# Who would be interested ???



## MLabonte (Jan 19, 2009)

One last thing and I'm sure it most of you would know - you are responsible for shipping charges when mailing out the gift not the person you are sending it to, and would like to have all presents shipped out no later than Dec 15th - that way there they will recieve it by Christmas.
-Matt


----------



## MLabonte (Jan 19, 2009)

12 views and NO ONE is interested ???


----------



## Iron Mike (Oct 15, 2007)

I'd be in for this; I almost always participate in the "pay-it-forward" threads.

...........and I have some new-in-box cool archery swag I'd be happy to gift to someone.


----------



## MLabonte (Jan 19, 2009)

Sounds good Mike ! I'd like to get atleast 30 ppl or more to get this going !!! Anyone else interested ???


----------



## JDoupe (Dec 9, 2006)

I'm in.

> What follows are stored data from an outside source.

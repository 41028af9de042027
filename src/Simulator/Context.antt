-- ===== src/Simulator/Context.antt =====
-- `AgentContext.sleep`, the clock that an adapter sees
-- (packages/breakroom-core/src/breakroom/models.py). Seconds are naturals, hence finite and not
-- negative. It is the sequence of its database accesses with no other thread between them.
use breakroom.Base.{ℕ, ◌+◌, leb}
use breakroom.Simulator.State.{Context, Session}
use breakroom.Simulator.Clock.{sleep}
use breakroom.Simulator.Dispatch.{check_budget}
use breakroom.Simulator.Monad.{Tx, budget_exceeded, query, gets, guard, ◌>>=◌, ◌>>◌}

unfoldable pub context_sleep : Session → Context → ℕ → Tx (Unit {0})
context_sleep s c seconds = do
  query (check_budget c)
  now ← gets (λ db. db.clock)
  guard (leb (now + seconds) c.deadline) budget_exceeded
  sleep s seconds
  query (check_budget c)
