-- ===== src/Simulator/Effects.antt =====
-- What an action does to the database, as a relation between the state before and after: one rule
-- for each way to build an action, for any relation that is reflexive and transitive.
use breakroom.Base.{◌≡◌, refl, Bool, true, false, if◌then◌else◌}
use breakroom.Simulator.State.{Db}
use breakroom.Simulator.Monad.{
  Tx, Raised, Outcome, ok, raised, pure, raise, query, gets, modify, guard, when, transaction,
  ◌>>=◌,
}

pub record Preorder (R : Db → Db → Type 0) : Type 0 where
  pub same : (db : Db) → R db db
  pub chain : (a b c : Db) → R a b → R b c → R a c

-- The relation holds where the action returns; nothing is asked of a state that a raise leaves.
abbrev pub Committed {ℓ} : {A : Type ℓ} → (Db → Db → Type 0) → Db → Outcome A × Db → Type 0
Committed R db (ok a, d) = R db d
Committed R db (raised e, d) = Unit {0}

pub record Commits {ℓ} {A : Type ℓ} (R : Db → Db → Type 0) (m : Tx A) : Type 0 where
  pub at : (db : Db) → Committed R db (m db)

-- The relation holds however the action ends.
pub record Moves {ℓ} {A : Type ℓ} (R : Db → Db → Type 0) (m : Tx A) : Type 0 where
  pub at : (db : Db) → R db (m db).1

module _ {R : Db → Db → Type 0} (o : Preorder R) where
  pub Commits-pure {ℓ} : {A : Type ℓ} (a : A) → Commits R (pure a)
  unfolding ◌>>=◌
  Commits-pure a = record { at = λ db. o.same db }

  pub Commits-gets {ℓ} : {A : Type ℓ} (f : Db → A) → Commits R (gets f)
  unfolding ◌>>=◌
  Commits-gets f = record { at = λ db. o.same db }

  Committed-query' {ℓ} : {A : Type ℓ} (r : Outcome A) (db : Db) → Committed R db (r, db)
  Committed-query' (ok a) db = o.same db
  Committed-query' (raised e) db = tt

  pub Commits-query {ℓ} : {A : Type ℓ} (q : Db → Outcome A) → Commits R (query q)
  unfolding ◌>>=◌
  Commits-query q = record { at = λ db. Committed-query' (q db) db }

  pub Commits-guard : (b : Bool) (e : Raised) → Commits R (guard b e)
  unfolding ◌>>=◌
  Commits-guard b e = record { at = λ db. Committed-query' (if b then ok tt else raised e) db }

  pub Commits-when : (b : Bool) (m : Tx (Unit {0})) → Commits R m → Commits R (when b m)
  unfolding ◌>>=◌
  Commits-when true m h = record { at = h.at }
  Commits-when false m h = record { at = λ db. o.same db }

  Committed-chain {ℓ} :
      {A : Type ℓ} (a b : Db) (y : Outcome A × Db) → R a b → Committed R b y → Committed R a y
  Committed-chain a b (ok x, d) h t = o.chain a b d h t
  Committed-chain a b (raised e, d) h t = tt

  Committed-bind' {ℓ κ} :
      {A : Type ℓ} {B : Type κ} (f : A → Tx B) (db : Db) (x : Outcome A × Db)
      → Committed R db x
      → ((a : A) → Commits R (f a))
      → Committed R db (((λ _. x) >>= f) db)
  unfolding ◌>>=◌
  Committed-bind' f db (ok a, d) h k = Committed-chain db d (f a d) h ((k a).at d)
  Committed-bind' f db (raised e, d) h k = tt

  pub Commits-bind {ℓ κ} :
      {A : Type ℓ} {B : Type κ} (m : Tx A) (f : A → Tx B)
      → Commits R m
      → ((a : A) → Commits R (f a))
      → Commits R (m >>= f)
  unfolding ◌>>=◌
  Commits-bind m f h k = record { at = λ db. Committed-bind' f db (m db) (h.at db) k }

  -- The same at one state, where the first action is known to be good there.
  pub Committed-bind {ℓ κ} :
      {A : Type ℓ} {B : Type κ} (m : Tx A) (f : A → Tx B) (db : Db)
      → Committed R db (m db)
      → ((a : A) → Commits R (f a))
      → Committed R db ((m >>= f) db)
  unfolding ◌>>=◌
  Committed-bind m f db h k = Committed-bind' f db (m db) h k

  moved_transaction {ℓ} :
      {A : Type ℓ} (db : Db) (x : Outcome A × Db)
      → Committed R db x
      → R db (transaction (λ _. x) db).1
  unfolding transaction
  moved_transaction db (ok a, d) h = h
  moved_transaction db (raised e, d) h = o.same db

  -- Rollback: what holds of every commit holds of the transaction, however it ends.
  pub Moves-transaction {ℓ} : {A : Type ℓ} (m : Tx A) → Commits R m → Moves R (transaction m)
  unfolding transaction
  Moves-transaction m h = record { at = λ db. moved_transaction db (m db) (h.at db) }

  pub Moves-pure {ℓ} : {A : Type ℓ} (a : A) → Moves R (pure a)
  unfolding ◌>>=◌
  Moves-pure a = record { at = λ db. o.same db }

  pub Moves-raise {ℓ} : {A : Type ℓ} (e : Raised) → Moves R (raise {A = A} e)
  unfolding ◌>>=◌
  Moves-raise e = record { at = λ db. o.same db }

  pub Moves-gets {ℓ} : {A : Type ℓ} (f : Db → A) → Moves R (gets f)
  unfolding ◌>>=◌
  Moves-gets f = record { at = λ db. o.same db }

  pub Moves-query {ℓ} : {A : Type ℓ} (q : Db → Outcome A) → Moves R (query q)
  unfolding ◌>>=◌
  Moves-query q = record { at = λ db. o.same db }

  pub Moves-guard : (b : Bool) (e : Raised) → Moves R (guard b e)
  unfolding ◌>>=◌
  Moves-guard b e = record { at = λ db. o.same db }

  pub Moves-when : (b : Bool) (m : Tx (Unit {0})) → Moves R m → Moves R (when b m)
  unfolding ◌>>=◌
  Moves-when true m h = record { at = h.at }
  Moves-when false m h = record { at = λ db. o.same db }

  moved_bind {ℓ κ} :
      {A : Type ℓ} {B : Type κ} (f : A → Tx B) (db : Db) (x : Outcome A × Db)
      → R db x.1
      → ((a : A) → Moves R (f a))
      → R db (((λ _. x) >>= f) db).1
  unfolding ◌>>=◌
  moved_bind f db (ok a, d) h k = o.chain db d _ h ((k a).at d)
  moved_bind f db (raised e, d) h k = h

  pub Moves-bind {ℓ κ} :
      {A : Type ℓ} {B : Type κ} (m : Tx A) (f : A → Tx B)
      → Moves R m
      → ((a : A) → Moves R (f a))
      → Moves R (m >>= f)
  unfolding ◌>>=◌
  Moves-bind m f h k = record { at = λ db. moved_bind f db (m db) (h.at db) k }

  pub Moves-if {ℓ} :
      {A : Type ℓ} (b : Bool) (m n : Tx A) → Moves R m → Moves R n → Moves R (if b then m else n)
  Moves-if true m n h k = h
  Moves-if false m n h k = k

  pub Commits-if {ℓ} :
      {A : Type ℓ} (b : Bool) (m n : Tx A)
      → Commits R m
      → Commits R n
      → Commits R (if b then m else n)
  Commits-if true m n h k = h
  Commits-if false m n h k = k

pub Commits-raise {ℓ} :
    {A : Type ℓ} {R : Db → Db → Type 0} (e : Raised) → Commits R (raise {A = A} e)
unfolding ◌>>=◌
Commits-raise e = record { at = λ db. tt }

pub Commits-modify :
    {R : Db → Db → Type 0} (f : Db → Db) → ((db : Db) → R db (f db)) → Commits R (modify f)
unfolding ◌>>=◌
Commits-modify f h = record { at = λ db. h db }

module _ {ℓ κ} (R : Db → Db → Type 0) {A : Type ℓ} {B : Type κ} where
  Committed-answer :
      (f : A → Tx B) (db : Db) (r : Outcome A)
      → ((a : A) → r ≡ ok a → Committed R db (f a db))
      → Committed R db (((λ _. (r, db)) >>= f) db)
  unfolding ◌>>=◌
  Committed-answer f db (ok a) k = k a refl
  Committed-answer f db (raised e) k = tt

  -- After a query, with what it answered.
  pub Committed-query :
      (q : Db → Outcome A) (f : A → Tx B) (db : Db)
      → ((a : A) → q db ≡ ok a → Committed R db (f a db))
      → Committed R db ((query q >>= f) db)
  unfolding ◌>>=◌
  Committed-query q f db k = Committed-answer f db (q db) k

  pub Committed-gets :
      (g : Db → A) (f : A → Tx B) (db : Db)
      → Committed R db (f (g db) db)
      → Committed R db ((gets g >>= f) db)
  unfolding ◌>>=◌
  Committed-gets g f db h = h

-- After a guard, with the test that passed.
pub Committed-guard {κ} :
    (R : Db → Db → Type 0) {B : Type κ} (b : Bool) (e : Raised) (f : Unit {0} → Tx B) (db : Db)
    → (b ≡ true → Committed R db (f tt db))
    → Committed R db ((guard b e >>= f) db)
unfolding ◌>>=◌
Committed-guard R true e f db k = k refl
Committed-guard R false e f db k = tt

pub ruleset commit_rules = (
  Commits-pure, Commits-raise, Commits-query, Commits-gets, Commits-guard, Commits-when,
  Commits-bind, Commits-if,
)

pub ruleset move_rules = (
  Moves-transaction, Moves-pure, Moves-raise, Moves-query, Moves-gets, Moves-guard, Moves-when,
  Moves-bind, Moves-if,
)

Let me know if it's a go so I don't sign up for 2!!!!!


----------



## MLabonte (Jan 19, 2009)

Going to try and get this started around the first of October - give's ppl time to get stuff and mail it out ! What I will do is start a new thread for the sign up and also a " I would like this " thread to give people an idea what ppl are looking for or need ! Once again this is a WHAT YOU CAN AFFORD event - I don't want to see any bashing due to a low price gift ! Some people cannot afford alot due to Employment reasons like myself but would still like to participate !!!
Once again this will be a ARCHERY / HUNTING Event " gift's " This seems like it could be a great event.


----------



## MLabonte (Jan 19, 2009)

Anyone else be interested in this ????


----------



## SuphanXP (Jan 1, 2010)

I'm in!!


----------



## Iron Mike (Oct 15, 2007)

ttt

Post up fellas; I have swag I'd love to gift for the season. 

Hoyt swag, Muzzy stuff, APA stuff, Easton, Victory, Bohning, Dead Down Wind, Tru-Van, NAP, Starrflight Fobs, Limbsaver stabs......and probably more if I dug a bit.:wink: :darkbeer:


----------



## MLabonte (Jan 19, 2009)

Start posting up guys and gals - Going to try and start this in about 2 weeks !!!! Should be fun !


----------



## hillwilly (May 20, 2011)

I'm in


----------



## JDoupe (Dec 9, 2006)

TTT - I'm still in!!!!


----------



## MLabonte (Jan 19, 2009)

Will be closing this thread - Official Sign Up is UP !!!


----------



## Pierre Couture (Oct 28, 2004)

This time it's for good.


----------